The evolution of the Sun's birth cluster and the search for the solar siblings with Gaia

TL;DR

This study uses detailed simulations to predict where solar siblings might be found in Gaia data, helping astronomers identify stars born with the Sun despite the complex Galactic environment.

Contribution

It provides robust predictions of the current phase space distribution of solar siblings, accounting for various initial conditions and Galactic potential models, aiding future observational searches.

Findings

Disruption timescales are insensitive to non-axisymmetric Galactic components.

Predicted regions with high solar sibling density in Gaia data.
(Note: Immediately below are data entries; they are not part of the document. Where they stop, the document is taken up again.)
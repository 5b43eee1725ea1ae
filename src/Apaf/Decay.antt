-- ===== src/Apaf/Decay.antt =====
-- `apaf_decay_load` and `apaf_vruntime_delta`: their accuracy in each state.
use native.Mathlib.Nat.{div-le_self, div-mul-le_self, lt-div-mul-add}
use native.Mathlib.Decide.{dec_lt}
use approximation_computing.Common.{
  ℕ, suc, ◌+◌, ◌*◌, ◌/◌, ◌%◌, ◌^◌, ◌≤◌, ◌<◌, ◌≡◌, inl, inr, ap, arith, true, false, leb, ltb, ◌==◌,
  if◌then◌else◌, ℤ, pos, ◌==ℤ◌, ==_iff, Bool-cases, le_trans, mul-le-mul_left,
}
use approximation_computing.Double.{one, of_nat, to_nat, mul}
use approximation_computing.Double.Laws.{scaled-le, le-scaled}
use approximation_computing.Task.{apaf_loose, y_n_inv}
use approximation_computing.Fairness.Controller.{IsState}
use approximation_computing.Bsa.{bsa_newton_reciprocal}
use approximation_computing.Bsa.Newton.{newton_one, newton_two}
use approximation_computing.Bsa.Delta.{IsNear, reciprocal-IsNear, unscaled-IsNear}
use approximation_computing.Apaf.{apaf_decay_load, newton_iters, apaf_vruntime_delta}
use approximation_computing.Apaf.Poly.{
  least_ratio, greatest_ratio, magnitude_of, decay_factor-IsClose, first_factor,
}

-- The product in doubles is the product over unbounded numbers, rounded down or up by 1 at most.
scaled :
    (n f : ℕ)
    → n < 2 ^ 53
    → f ≤ one
    → let r = to_nat (mul (of_nat n) (pos f)) in (n * f / one ≤ r) × (r ≤ n * f / one + 1)
scaled n f small le =
    let below : n * f ≤ n * one = mul-le-mul_left n le in
    (
      le-scaled n f (n * f / one) (omega arith) le (omega arith) (omega arith),
      scaled-le n f (n * f / one + 1) (omega arith) le (omega arith) (omega arith),
    )

-- The ratios of a factor are those of its product with a load.
near_of :
    (n f t r lo hi : ℕ)
    → n * f / one ≤ r
    → r ≤ n * f / one + 1
    → lo * (t * one) ≤ 10000 * (f * 2 ^ 32)
    → 10000 * (f * 2 ^ 32) ≤ hi * (t * one)
    → (lo * (n * t) ≤ 10000 * ((r + 1) * 2 ^ 32))
      × (10000 * (r * 2 ^ 32) ≤ hi * (n * t) + 20000 * 2 ^ 32)
near_of n f t r lo hi low high below above =
    let b = mul-le-mul_left n below in
    let a = mul-le-mul_left n above in
    let start : n * f / one * one ≤ n * f = div-mul-le_self (n * f) one in
    let end : suc (n * f) ≤ n * f / one * one + one = lt-div-mul-add (omega arith) in omega arith

too_late : (load n : ℕ) (s : ℤ) → 2016 ≤ n → apaf_decay_load load n s ≡ 0
unfolding apaf_decay_load
too_late load n s h = ground arith

no_shift : (load n : ℕ) → n ≡ 0 → load / 2 ^ (n / 32) ≡ load
no_shift load n e = rw e (omega arith)

-- Over whole half-lives the shift is all.
whole_periods :
    (load n : ℕ) (s : ℤ) → n < 2016 → n % 32 ≡ 0 → apaf_decay_load load n s ≡ load / 2 ^ (n / 32)
unfolding apaf_decay_load
whole_periods load n s h whole = ground (arith, no_shift load n)

-- Over the rest the shifted load is multiplied by the factor of the state.
pub rest_periods :
    (load n : ℕ) (s : ℤ)
    → n < 2016
    → 0 < n % 32
    → IsState s
    → apaf_decay_load load n s
      ≡ to_nat (mul (of_nat (load / 2 ^ (n / 32))) (pos (magnitude_of s (n % 32))))
unfolding apaf_decay_load
rest_periods load n s h rest state =
    let k = decay_factor-IsClose s (n % 32) state (omega arith) in
    let not_zero : (n == 0) ≡ false = ground arith in
    let not_all : leb 2016 n ≡ false = ground arith in
    let some_left : ltb 0 (n % 32) ≡ true = ground arith in
    rw (not_zero, not_all, some_left)
      (ap (λ f. to_nat (mul (of_nat (load / 2 ^ (n / 32))) f)) k.nonnegative)

-- Decay never raises a load.
pub apaf_decay_load-le :
    (load n : ℕ) (s : ℤ) → IsState s → load < 2 ^ 53 → apaf_decay_load load n s ≤ load
apaf_decay_load-le load n s state fits =
    let halved = div-le_self load (2 ^ (n / 32)) in
    let f : ℕ = magnitude_of s (n % 32) in
    let k = decay_factor-IsClose s (n % 32) state (omega arith) in
    elim (dec_lt n 2016) [
      | no late ↦ rw (too_late load n s (omega arith)) (omega arith)
      | yes h ↦ elim (Bool-cases (n % 32 == 0)) [
        | inl whole ↦ rw (whole_periods load n s h ((==_iff (n % 32) 0).0 whole)) halved
        | inr rest ↦ rw (rest_periods load n s h (ground arith) state) (
            le_trans
              (scaled-le (load / 2 ^ (n / 32)) f (load / 2 ^ (n / 32)) (omega arith) k.at_most_one
                (omega arith) (mul-le-mul_left (load / 2 ^ (n / 32)) k.at_most_one))
              halved)
      ]
    ]

-- In each state, for a load below 2^53 and less than 2016 periods that are no whole half-lives, the
-- decay is within the ratios of the state (99.97% to 100.04%, 99.81% to 100.22%, 100% to 103.04%)
-- to load / 2^(n / 32) times the exact factor, but for less than 1 below and at most 2 above.
pub apaf_decay_load-near :
    (load n : ℕ) (s : ℤ)
    → IsState s
    → load < 2 ^ 53
    → n < 2016
    → 0 < n % 32
    → let shifted = load / 2 ^ (n / 32) in
      let r = apaf_decay_load load n s in
      (least_ratio s * (shifted * y_n_inv (n % 32)) ≤ 10000 * ((r + 1) * 2 ^ 32))
      × (10000 * (r * 2 ^ 32) ≤ greatest_ratio s * (shifted * y_n_inv (n % 32)) + 20000 * 2 ^ 32)
apaf_decay_load-near load n s state fits h rest =
    let halved = div-le_self load (2 ^ (n / 32)) in
    let f : ℕ = magnitude_of s (n % 32) in
    let k = decay_factor-IsClose s (n % 32) state (omega arith) in
    let (low, high) = scaled (load / 2 ^ (n / 32)) f (omega arith) k.at_most_one in
    rw (rest_periods load n s h rest state) (
      near_of (load / 2 ^ (n / 32)) f (y_n_inv (n % 32)) _ (least_ratio s) (greatest_ratio s) low
        high k.from_below k.from_above)

-- One period takes at least a 50th part away, rounded up by less than 2.
pub apaf_decay_load-one :
    (load : ℕ) (s : ℤ)
    → IsState s
    → load < 2 ^ 53
    → 100 * apaf_decay_load load 1 s ≤ 98 * load + 100
apaf_decay_load-one load s state fits =
    let k = decay_factor-IsClose s 1 state (omega arith) in
    let whole : load / 2 ^ (1 / 32) ≡ load = omega arith in
    let first = mul-le-mul_left load (first_factor s state) in
    let start : load * magnitude_of s 1 / one * one ≤ load * magnitude_of s 1 =
      div-mul-le_self (load * magnitude_of s 1) one in
    let high = (scaled load (magnitude_of s 1) fits k.at_most_one).1 in
    rw (rest_periods load 1 s (omega arith) (omega arith) state, whole) (omega arith)

-- The thousandths of delta * 1024 / weight that the scaled runtime of a state keeps.
abbrev pub kept_by : ℤ → ℕ
kept_by s = if s ==ℤ apaf_loose then 975 else 999

newton_of :
    (s : ℤ) (w : ℕ)
    → IsState s
    → 2 ≤ w
    → w ≤ 2 ^ 17
    → let x = bsa_newton_reciprocal w (newton_iters s) in
      (w * x ≤ 2 ^ 32) × (kept_by s * 2 ^ 32 ≤ 1000 * (w * x))
newton_of s w (inl tight) h small = rw tight (newton_two w (omega arith) small)
newton_of s w (inr (inl medium)) h small = rw medium (newton_two w (omega arith) small)
newton_of s w (inr (inr loose)) h small = rw loose (newton_one w (omega arith) small)

-- For weights from 2 to 2^17, a runtime below 2^32 and a state of the controller, the scaled runtime is never above delta * 1024 / weight, and rounded up
-- at least 99.9% of it in TIGHT and MEDIUM and 97.5% in LOOSE.
pub apaf_vruntime_delta-IsNear :
    (d w : ℕ) (s : ℤ)
    → IsState s
    → 2 ≤ w
    → w ≤ 2 ^ 17
    → d < 2 ^ 32
    → IsNear (kept_by s) d w (apaf_vruntime_delta d w s)
unfolding apaf_vruntime_delta
apaf_vruntime_delta-IsNear d w s state h small fits = elim (Bool-cases (w == 1024)) [
  | inl e ↦ rw ((==_iff w 1024).0 e) (unscaled-IsNear (kept_by s) d (ground arith))
  | inr e ↦
      let (high, low) = newton_of s w state h small in
      let not_zero : (w == 0) ≡ false = ground arith in
      rw (e, not_zero)
        (reciprocal-IsNear (kept_by s) d w (bsa_newton_reciprocal w (newton_iters s)) h fits high
          low)
]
Robust phase space location estimates for solar siblings.

Abstract

We use self-consistent numerical simulations of the evolution and disruption of the Sun's birth cluster in the Milky Way potential to investigate the present-day phase space distribution of the Sun's siblings. The simulations include the gravitational N-body forces within the cluster and the effects of stellar evolution on the cluster population. In addition the gravitational forces due to the Milky Way potential are accounted for in a self-consistent manner. Our aim is to understand how the astrometric and radial velocity data from the Gaia mission can be used to pre-select solar sibling candidates. We vary the initial conditions of the Sun's birth cluster, as well as the parameters of the Galactic potential. We show that the disruption time-scales of the cluster are insensitive to the details of the non-axisymmetric components of the Milky Way model and we make predictions, averaged over the different simulated possibilities, about the number of solar siblings that should appear in surveys such as Gaia or GALAH. We find a large variety of present-day phase space distributions of solar siblings, which depend on the cluster initial conditions and the Milky Way model parameters. We show that nevertheless robust predictions can be made about the location of the solar siblings in the space of parallaxes ($\varpi$), proper motions ($\mu$) and radial velocities ($V_\mathrm{r}$). By calculating the ratio of the number of simulated solar siblings to that of the number of stars in a model Galactic disk, we find that this ratio is above 0.5 in the region given by: $\varpi \geq 5$mas, $4 \leq \mu \leq 6$masyr$^{-1}$, and $-2\leq V_\mathrm{r} \leq 0$kms$^{-1}$. Selecting stars from this region should increase the probability of success in identifying solar siblings through follow up observations [Abridged].